2. Like many places where the law ceases to have meaning, Oakland, and its young in particular, relies on an alternate, unspoken idea of morality and honor. Describe this code of ethics. What are the rules? Do they differ between the drug world and the larger community? What are the contradictions between these rules and the law?

3. When Daddy Al tells Maceo about the tragic life and death of his first wife, Elizabeth, what is he saying about his idea of justice? About its redemptive power? Is this a warning to Maceo?

4. Maceo’s large, close-knit family nurtured him from birth and provided a substitute family for many of his friends. Despite the strength of this family relationship, the ghost of Maceo’s mother and father seem to exert an equally strong influence on him. What is this legacy? How does it affect him? How are Holly and Felicia affected by the mistakes of their parents?

5. Maceo’s vivid dreams haunt him throughout the book; they function as premonitions as well as expressions of his true fears. It seems as if Maceo is wrestling his demons in these dreams, and it is here that we encounter Maceo’s father and Billy Crane. What do these dreams tell us about Maceo? About his fears? His guilt?
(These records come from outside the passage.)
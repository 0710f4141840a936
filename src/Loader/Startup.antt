-- ===== src/Loader/Startup.antt =====
-- scx_morpheus/src/main.rs: `main` as a whole, with the calls of it that can fail. Each of them is
-- answered by a `Machine`; what a failed call has as its context is the result of `main`.
pub mod Restart
use Prim.Native.String.{String}
use morpheus.Prelude.{
  ℕ, ◌≡◌, Bool, true, false, Option, none, some, List, [], if◌then◌else◌, lookup, string_eq,
}
use morpheus.Runtime.Error.{Result, ok, err, Error}
use morpheus.Kernel.State.{Kernel}
use morpheus.Loader.Psi.{F32}
use morpheus.Loader.Main.{Args, Pinned, set_mode, pin_maps, Round, main_loop}

-- `Level` of the log.
pub data Level : Type 0 where
  info : Level
  debug : Level

unfoldable pub log_level : Args → Level
log_level args = if args.debug then debug else info

-- The contexts of the errors, and the one error that has a context of its own for each map.
pub data Context : Type 0 where
  failed_to_open : Context
  failed_to_load : Context
  failed_to_attach : Context
  failed_to_pin : Error → Context
  failed_to_set_handler : Context
  failed_to_add_ringbuf : Context
  failed_to_build_ringbuf : Context

-- What the libraries and the system answer. A path of the BPF file system at which an object is
-- pinned cannot be pinned again: BPF_OBJ_PIN answers EEXIST.
pub record Machine : Type 0 where
  pub opens : Bool
  pub loads : Bool
  pub attaches : Bool
  pub dir_made : Bool
  pub pins : Pinned → String → Bool
  pub handler_set : Bool
  pub ringbuf_added : Bool
  pub ringbuf_built : Bool
  pub pins-taken :
      (pinned : Pinned) (path : String) {map_id : ℕ}
      → lookup path pinned ≡ some map_id
      → pins pinned path ≡ false

-- What `main` acts on: the maps and constants of the program, which the skeleton holds, whether it is
-- attached, and the BPF file system.
pub record Session : Type 0 where
  pub kernel : Kernel
  pub attached : Bool
  pub pinned : Pinned

-- A step leaves the session, and the context of its error if it fails.
abbrev pub M : Type 0
M = Session → Session × Option Context

infixl 5 ◌>>◌
abbrev pub ◌>>◌ : M → M → M
◌>>◌ m k s = let (s', e) = m s in elim e [ none ↦ k s' | some c ↦ (s', some c) ]

-- A call that changes nothing, or fails.
abbrev pub require : Bool → Context → M
require answer context s = (s, if answer then none else some context)

unfoldable pub set_scheduler_mode : Args → M
unfolding set_mode
set_scheduler_mode args s = (record s { kernel = set_mode args s.kernel }, none)

unfoldable pub attach : Machine → M
attach m s = if m.attaches then (record s { attached = true }, none) else (s, some failed_to_attach)

abbrev pub context_of : Result (Unit {0}) → Option Context
context_of (ok _) = none
context_of (err e) = some (failed_to_pin e)

-- The maps are numbered by the caller.
unfoldable pub pin : Machine → (worker_tid_map scb_map : ℕ) → Args → M
unfolding pin_maps
pin m worker_tid_map scb_map args s =
    let (pinned, r) = pin_maps (m.pins s.pinned) m.dir_made worker_tid_map scb_map args s.pinned in
    (record s { pinned = pinned }, context_of r)

-- From the command line to the loops.
unfoldable pub start : Machine → (worker_tid_map scb_map : ℕ) → Args → M
unfolding set_scheduler_mode attach pin
start m worker_tid_map scb_map args = do
  require m.opens failed_to_open
  set_scheduler_mode args
  require m.loads failed_to_load
  attach m
  pin m worker_tid_map scb_map args
  require m.handler_set failed_to_set_handler
  require m.ringbuf_added failed_to_add_ringbuf
  require m.ringbuf_built failed_to_build_ringbuf

-- The skeleton is dropped when `main` returns, with an error too, which detaches the scheduler.
unfoldable pub drop : Session × Option Context → Session × Option Context
drop (s, e) = (record s { attached = false }, e)

-- The main loop on the maps of the session.
unfoldable pub serve : F32 → Args → List (Bool × Round) → (global_pressure : List ℕ) → M
unfolding main_loop
serve f args rounds global_pressure s = (
  record s {
    kernel =
        (main_loop f args rounds
          (record { kernel = s.kernel; global_pressure = global_pressure; printed = [] })).kernel;
  },
  none,
)

unfoldable pub main :
    F32
    → Machine
    → (worker_tid_map scb_map : ℕ) → Args
    → List (Bool × Round)
    → (global_pressure : List ℕ) → M
unfolding start serve drop
main f m worker_tid_map scb_map args rounds global_pressure s =
    drop ((start m worker_tid_map scb_map args >> serve f args rounds global_pressure) s)
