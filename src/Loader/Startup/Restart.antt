-- ===== src/Loader/Startup/Restart.antt =====
-- How `main` fails, what it leaves pinned, and what the next `main` makes of it.
use Prim.Native.String.{String}
use morpheus.Prelude.{
  ℕ, ◌≡◌, Bool, true, false, Option, none, some, List, lookup, insert, string_eq, arith,
  lookup-insert, lookup-insert_self, ap, ◌∙◌,
}
use morpheus.Runtime.Error.{err, bpf_map}
use morpheus.Loader.Psi.{F32}
use morpheus.Loader.Main.{Args, Pinned, set_mode, pin_maps, pin, and_then, Round}
use morpheus.Loader.Startup.{
  Context, failed_to_pin, Machine, Session, start, serve, drop, main, context_of,
}
use morpheus.Loader.Startup

abbrev tid_path : String
tid_path = "/sys/fs/bpf/morpheus/worker_tid_map"

abbrev scb_path : String
scb_path = "/sys/fs/bpf/morpheus/scb_map"

pin_maps-leaves :
    (granted : String → Bool) (dir_made : Bool) (tid_map scb_map : ℕ) (args : Args)
    (pinned : Pinned)
    → args.pin_maps ≡ true
    → context_of (pin_maps granted dir_made tid_map scb_map args pinned).1 ≡ none
    → lookup tid_path (pin_maps granted dir_made tid_map scb_map args pinned).0 ≡ some tid_map
unfolding pin_maps pin and_then
pin_maps-leaves granted dir_made tid_map scb_map args pinned asked done = ground (
  arith,
  lookup-insert scb_path tid_path scb_map (insert tid_path tid_map pinned),
  lookup-insert_self tid_path tid_map pinned,
)

start-leaves :
    (m : Machine) (tid_map scb_map : ℕ) (args : Args) (s : Session)
    → args.pin_maps ≡ true
    → (start m tid_map scb_map args s).1 ≡ none
    → lookup tid_path (start m tid_map scb_map args s).0.pinned ≡ some tid_map
unfolding start Startup.set_scheduler_mode Startup.attach Startup.pin
start-leaves m tid_map scb_map args s asked done =
    ground (arith, pin_maps-leaves (m.pins s.pinned) m.dir_made tid_map scb_map args s.pinned)

main-leaves :
    (f : F32) (m : Machine) (tid_map scb_map : ℕ) (args : Args) (rounds : List (Bool × Round))
    (pressure : List ℕ) (s : Session)
    → args.pin_maps ≡ true
    → (main f m tid_map scb_map args rounds pressure s).1 ≡ none
    → lookup tid_path (main f m tid_map scb_map args rounds pressure s).0.pinned ≡ some tid_map
unfolding main drop serve
main-leaves f m tid_map scb_map args rounds pressure s asked done =
    ground (arith, start-leaves m tid_map scb_map args s)

pin_maps-taken :
    (granted : String → Bool) (tid_map scb_map : ℕ) (args : Args) (pinned : Pinned)
    → args.pin_maps ≡ true
    → granted tid_path ≡ false
    → pin_maps granted true tid_map scb_map args pinned ≡ (pinned, err (bpf_map tid_path))
unfolding pin_maps pin and_then
pin_maps-taken granted tid_map scb_map args pinned asked refused = ground (arith, asked, refused)

start-taken :
    (m : Machine) (tid_map scb_map old : ℕ) (args : Args) (s : Session)
    → args.pin_maps ≡ true
    → m.opens ≡ true
    → m.loads ≡ true
    → m.attaches ≡ true
    → m.dir_made ≡ true
    → lookup tid_path s.pinned ≡ some old
    → start m tid_map scb_map args s ≡ (
      record s { kernel = set_mode args s.kernel; attached = true },
      some (failed_to_pin (bpf_map tid_path)),
    )
unfolding start Startup.set_scheduler_mode Startup.attach Startup.pin
start-taken m tid_map scb_map old args s asked opens loads attaches made there =
    let refused = m.pins-taken s.pinned tid_path there in
    ground (
      arith,
      opens,
      loads,
      attaches,
      made,
      pin_maps-taken (m.pins s.pinned) tid_map scb_map args s.pinned asked refused,
    )

abbrev run_on :
    F32 → Args → List (Bool × Round) → List ℕ → Session × Option Context → Session × Option Context
run_on f args rounds pressure r = elim r.1 [
  | none ↦ serve f args rounds pressure r.0
  | some c ↦ (r.0, some c)
]

-- A loader that was asked to pin its maps and ended without an error leaves them pinned. So the next
-- one that is asked to pin, with a program of its own on the file system that the first one has left,
-- where everything up to the pinning succeeds, always fails at the first map: it pins nothing, its
-- loops do nothing to its maps, and its scheduler is detached.
pub main-twice :
    (f f' : F32) (m m' : Machine) (tid_map scb_map tid_map' scb_map' : ℕ) (args args' : Args)
    (rounds rounds' : List (Bool × Round)) (pressure pressure' : List ℕ) (s s' : Session)
    → args.pin_maps ≡ true
    → (main f m tid_map scb_map args rounds pressure s).1 ≡ none
    → s'.pinned ≡ (main f m tid_map scb_map args rounds pressure s).0.pinned
    → args'.pin_maps ≡ true
    → m'.opens ≡ true
    → m'.loads ≡ true
    → m'.attaches ≡ true
    → m'.dir_made ≡ true
    → main f' m' tid_map' scb_map' args' rounds' pressure' s' ≡ (
      record s' { kernel = set_mode args' s'.kernel; attached = false },
      some (failed_to_pin (bpf_map "/sys/fs/bpf/morpheus/worker_tid_map")),
    )
unfolding main drop
main-twice f f' m m' tid_map scb_map tid_map' scb_map' args args' rounds rounds' pressure pressure'
      s s' asked done left asked' opens loads attaches made =
    let there = main-leaves f m tid_map scb_map args rounds pressure s asked done in
    let taken =
      start-taken m' tid_map' scb_map' tid_map args' s' asked' opens loads attaches made
        (ap (lookup tid_path) left ∙ there) in
    ap (λ r. drop (run_on f' args' rounds' pressure' r)) taken
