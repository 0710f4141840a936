-- ===== src/Prelude/Int.antt =====
-- The integers over the native numbers, with what Python's `-`, `*`, `//` and `>=` do on them.
use Prim.Native.Nat.{ℕ, ◌+◌, ◌-◌, ◌*◌, ◌/◌, ◌≤◌}
use mathlib.Core.Path.{◌≡◌}
use mathlib.Core.Bool.{Bool, true, false}
use native.Mathlib.Omega.{arith}
use morpheus.Prelude.Tests.{leb, if◌then◌else◌}

-- `negsuc n` is -(n + 1).
pub data ℤ : Type 0 where
  pos : ℕ → ℤ
  negsuc : ℕ → ℤ

-- The difference of two natural numbers.
unfoldable pub minus : ℕ → ℕ → ℤ
minus m n = if leb n m then pos (m - n) else negsuc (n - m - 1)

infixl 65 ◌-ℤ◌
unfoldable pub ◌-ℤ◌ : ℤ → ℤ → ℤ
unfolding minus
pos a -ℤ pos b = minus a b
pos a -ℤ negsuc b = pos (a + b + 1)
negsuc a -ℤ pos b = negsuc (a + b)
negsuc a -ℤ negsuc b = minus b a

unfoldable pub scale : ℤ → ℕ → ℤ
unfolding minus
scale (pos a) n = pos (a * n)
scale (negsuc a) n = minus 0 ((a + 1) * n)

-- `//`, which rounds down.
unfoldable pub floor_div : ℤ → ℕ → ℤ
floor_div (pos a) n = pos (a / n)
floor_div (negsuc a) n = negsuc (a / n)

unfoldable pub lebℤ : ℤ → ℤ → Bool
lebℤ (pos a) (pos b) = leb a b
lebℤ (pos a) (negsuc b) = false
lebℤ (negsuc a) (pos b) = true
lebℤ (negsuc a) (negsuc b) = leb b a

pub minus_le : (m n : ℕ) → n ≤ m → minus m n ≡ pos (m - n)
unfolding minus
minus_le m n h = ground arith
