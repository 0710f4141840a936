-- ===== src/Python.antt =====
-- morpheus-py/src/lib.rs: the Python bindings. The state is that of the calling thread.
pub mod Critical
pub mod Init
pub mod Module
pub mod Asyncio
use Prim.Native.String.{String}
use morpheus.Prelude.{ℕ, Bool, true, false, Option, none, some, if◌then◌else◌}
use morpheus.Runtime.ScbHandle
use morpheus.Runtime.Worker.{Thread, try_current_scb, with_current_scb, checkpoint_sync}
use morpheus.Runtime.Worker
use morpheus.Runtime.Critical.{critical_section, in_critical_section}
use morpheus.Runtime.Builder.{Runtime}
use morpheus.Runtime.DefensiveMode

unfoldable pub checkpoint : Thread → Bool
unfolding checkpoint_sync
checkpoint t = checkpoint_sync t

unfoldable pub yield_requested : Thread → Bool
unfolding ScbHandle.yield_requested
yield_requested t = elim (try_current_scb t) [
  | none ↦ false
  | some h ↦ ScbHandle.yield_requested t.scb
]

-- The acknowledgement before the coroutine of `asyncio.sleep(0)` is returned; `asyncio` is whether
-- the module was imported.
unfoldable pub yield_now_async : (asyncio : Bool) → Thread → Thread
unfolding ScbHandle.acknowledge
yield_now_async asyncio t =
    if asyncio then with_current_scb (λ scb. (ScbHandle.acknowledge scb).0) t else t

unfoldable pub acknowledge_yield : Thread → Thread × Bool
unfolding ScbHandle.acknowledge
acknowledge_yield t = elim (try_current_scb t) [
  | none ↦ (t, false)
  | some h ↦ (record t { scb = (ScbHandle.acknowledge t.scb).0 }, (ScbHandle.acknowledge t.scb).1)
]

unfoldable pub pressure_level : Thread → Option ℕ
unfolding ScbHandle.pressure_level
pressure_level t = elim (try_current_scb t) [
  | none ↦ none
  | some h ↦ some (ScbHandle.pressure_level t.scb)
]

unfoldable pub budget_remaining_ns : Thread → Option ℕ
unfolding ScbHandle.budget_remaining_ns
budget_remaining_ns t = elim (try_current_scb t) [
  | none ↦ none
  | some h ↦ some (ScbHandle.budget_remaining_ns t.scb)
]

-- `none` is the error off a worker thread.
unfoldable pub set_priority : ℕ → Thread → Option Thread
unfolding ScbHandle.set_priority
set_priority priority t = elim (try_current_scb t) [
  | none ↦ none
  | some h ↦ some (record t { scb = ScbHandle.set_priority priority t.scb })
]

unfoldable pub is_in_critical_section_py : Thread → Bool
unfolding in_critical_section
is_in_critical_section_py t = in_critical_section t

unfoldable pub worker_id : Thread → Option ℕ
unfolding Worker.current_worker_id
worker_id t = Worker.current_worker_id t

-- The guard is forgotten, not dropped.
unfoldable pub enter_critical_section : Thread → Thread
unfolding critical_section
enter_critical_section t = (critical_section t).0

-- Only the flag of the block is stored.
unfoldable pub exit_critical_section : Thread → Thread
exit_critical_section t = with_current_scb (λ scb. record scb { is_in_critical_section = 0 }) t

-- The context manager.
pub record CriticalSection : Type 0 where
  pub active : Bool

unfoldable pub critical : CriticalSection
critical = record { active = false }

unfoldable pub enter : CriticalSection → Thread → CriticalSection × Thread
unfolding enter_critical_section
enter c t = (record { active = true }, enter_critical_section t)

unfoldable pub exit : CriticalSection → Thread → CriticalSection × Thread
unfolding exit_critical_section
exit c t = if c.active then (record { active = false }, exit_critical_section t) else (c, t)

pub record Stats : Type 0 where
  pub hints_received : ℕ
  pub hints_dropped : ℕ
  pub defensive_triggers : ℕ

unfoldable pub get_stats : Option Runtime → Option Stats
get_stats none = none
get_stats (some rt) = some (record {
  hints_received = rt.hints.hints_received;
  hints_dropped = rt.hints.hints_dropped;
  defensive_triggers = rt.hints.defensive_triggers;
})

unfoldable pub is_defensive_mode : Option Runtime → Bool
unfolding DefensiveMode.is_active
is_defensive_mode none = false
is_defensive_mode (some rt) = DefensiveMode.is_active rt.defensive
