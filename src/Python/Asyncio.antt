-- ===== src/Python/Asyncio.antt =====
-- morpheus-py/python/morpheus/asyncio.py, over the native module: the helpers of a coroutine, and the
-- checkpointer that adapts to the pressure of the kernel. What the event loop runs on the thread while a
-- coroutine sleeps is a parameter. An iteration of the checkpointer is the integer it is handed.
pub mod Adaptive
pub mod Unpressured
pub mod EventLoop
use morpheus.Prelude.{ℕ, Bool, true, false, none, some, List, [], ◌∷◌, if◌then◌else◌, ltb, suc}
use morpheus.Prelude.Int.{ℤ, pos, ◌-ℤ◌, scale, floor_div, lebℤ}
use morpheus.Runtime.Worker.{Thread}
use morpheus.Python.{
  checkpoint, acknowledge_yield, pressure_level, enter_critical_section, exit_critical_section,
}

-- `sleep` is the effect of `asyncio.sleep(0)`.
unfoldable pub morpheus_checkpoint : (sleep : Thread → Thread) → Thread → Thread × Bool
unfolding checkpoint acknowledge_yield
morpheus_checkpoint sleep t =
    if checkpoint t then (sleep (acknowledge_yield t).0, true) else (t, false)

unfoldable pub force_yield : (sleep : Thread → Thread) → Thread → Thread
unfolding acknowledge_yield
force_yield sleep t = sleep (acknowledge_yield t).0

-- The body ends with a value or an exception; the exit runs after either.
unfoldable pub morpheus_critical : {A : Type 0} (body : Thread → Thread × A) → Thread → Thread × A
unfolding enter_critical_section exit_critical_section
morpheus_critical body t =
    let done = body (enter_critical_section t) in (exit_critical_section done.0, done.1)

unfoldable pub is_kernel_pressured : (threshold : ℕ) → Thread → Bool
unfolding pressure_level
is_kernel_pressured threshold t = elim (pressure_level t) [
  | none ↦ false
  | some level ↦ ltb threshold level
]

pub record AdaptiveCheckpointer : Type 0 where
  pub min_interval : ℤ
  pub max_interval : ℤ
  pub last_check : ℤ

unfoldable pub new : (min_interval max_interval : ℤ) → AdaptiveCheckpointer
new min_interval max_interval = record {
  min_interval = min_interval;
  max_interval = max_interval;
  last_check = pos 0;
}

-- `pressure_level() or 0`
unfoldable pub pressure_or_zero : Thread → ℕ
unfolding pressure_level
pressure_or_zero t = elim (pressure_level t) [ none ↦ 0 | some level ↦ level ]

unfoldable pub interval : (pressure : ℕ) → AdaptiveCheckpointer → ℤ
unfolding scale floor_div ◌-ℤ◌
interval pressure c =
    c.max_interval -ℤ floor_div (scale (c.max_interval -ℤ c.min_interval) pressure) 100

unfoldable pub should_check : Thread → ℤ → AdaptiveCheckpointer → AdaptiveCheckpointer × Bool
unfolding interval pressure_or_zero lebℤ ◌-ℤ◌
should_check t iteration c =
    if lebℤ (interval (pressure_or_zero t) c) (iteration -ℤ c.last_check)
    then (record c { last_check = iteration }, true)
    else (c, false)

-- A loop that asks at every iteration from one on, with the thread as it is at each: the iterations at
-- which it checks.
unfoldable pub checks : List Thread → ℕ → AdaptiveCheckpointer → AdaptiveCheckpointer × List ℕ
unfolding should_check
checks [] i c = (c, [])
checks (t ∷ ts) i c =
    let (c', now) = should_check t (pos i) c in
    let (c'', later) = checks ts (suc i) c' in (c'', if now then i ∷ later else later)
6. As outsiders and insiders to Oakland, Alixe and Felicia are near opposites, yet they represent Maceo’s twin desires. "Alixe was what I wanted waiting for me on the other side, but I needed Felicia." What is Felicia’s role in Maceo’s life? What is Alixe’s? How does Alixe view Maceo’s world?

7. Despite the violence surrounding them, the residents of Oakland maintain a remarkable sense of community, as witnessed in Cutty’s barbershop and during Billy Crane’s funeral. Are these scenes realistic? Discuss how humor is used and expressed in this community.

8. Maceo and Holly view their participation in "the game" less as a choice than as a result of their personal history. Maceo claims he was "born in death," and both men carry the sins of their parents close to their hearts. It is as if their parents and surroundings have created a future in which they have little choice. Discuss this notion of fate. Is it valid? How does it shape their decisions? Does it cause them to disregard the consequences of their actions?

9. Scottie, Maceo, and Daddy Al represent three generations of Oakland males; both of the men play the role of father figure — Daddy Al to Maceo and Maceo to Scottie. How do these relationships work? Is there any disappointment within them? What is each man teaching the younger?

10. For most of the book we see Felicia only through the eyes of others; how does Maceo’s characterization of her differ from reality? After she returns to Oakland to avenge Billy’s death, Felicia’s brother accuses her of following the horrifying example of their father. Do you think this is true? How does she arrive at her startling, heartrending solution to Billy’s death? Are her actions justified?

11. The Dying Ground charts Maceo’s journey from the fringes of violence to its very center. He struggles to make this transition on his own terms, trying to stay true to the disparate beliefs of his family and friends. Is he successful? Does his love for and allegiance to Felicia redeem him? What does the future hold for him?

12. "From memory my gut knew that it would all disappear one way or another, and it had, one by one…. Some of the loss was my own doing, I couldn’t argue that, but it all stemmed from the same place … drugs." Tramble writes with a sense of ambivalence toward the Oakland drug world; she acknowledges its devastating effects but respects its power. The character of Alixe best reflects this view. What is her assessment of Oakland? Are there any heroes in this story? Do we, as readers, come to understand them?

13. "When you will survive if you fight quickly and perish if you do not, this is called the dying ground’ (Sun Tzu). Explain Tramble’s use of this quote in her title. What does it say about Oakland and its future?

14. "When you will survive if you fight quickly and perish if you do not, this is called the dying ground’ (Sun Tzu). Explain Tramble’s use of this quote in her title. What does it say about Oakland and its future?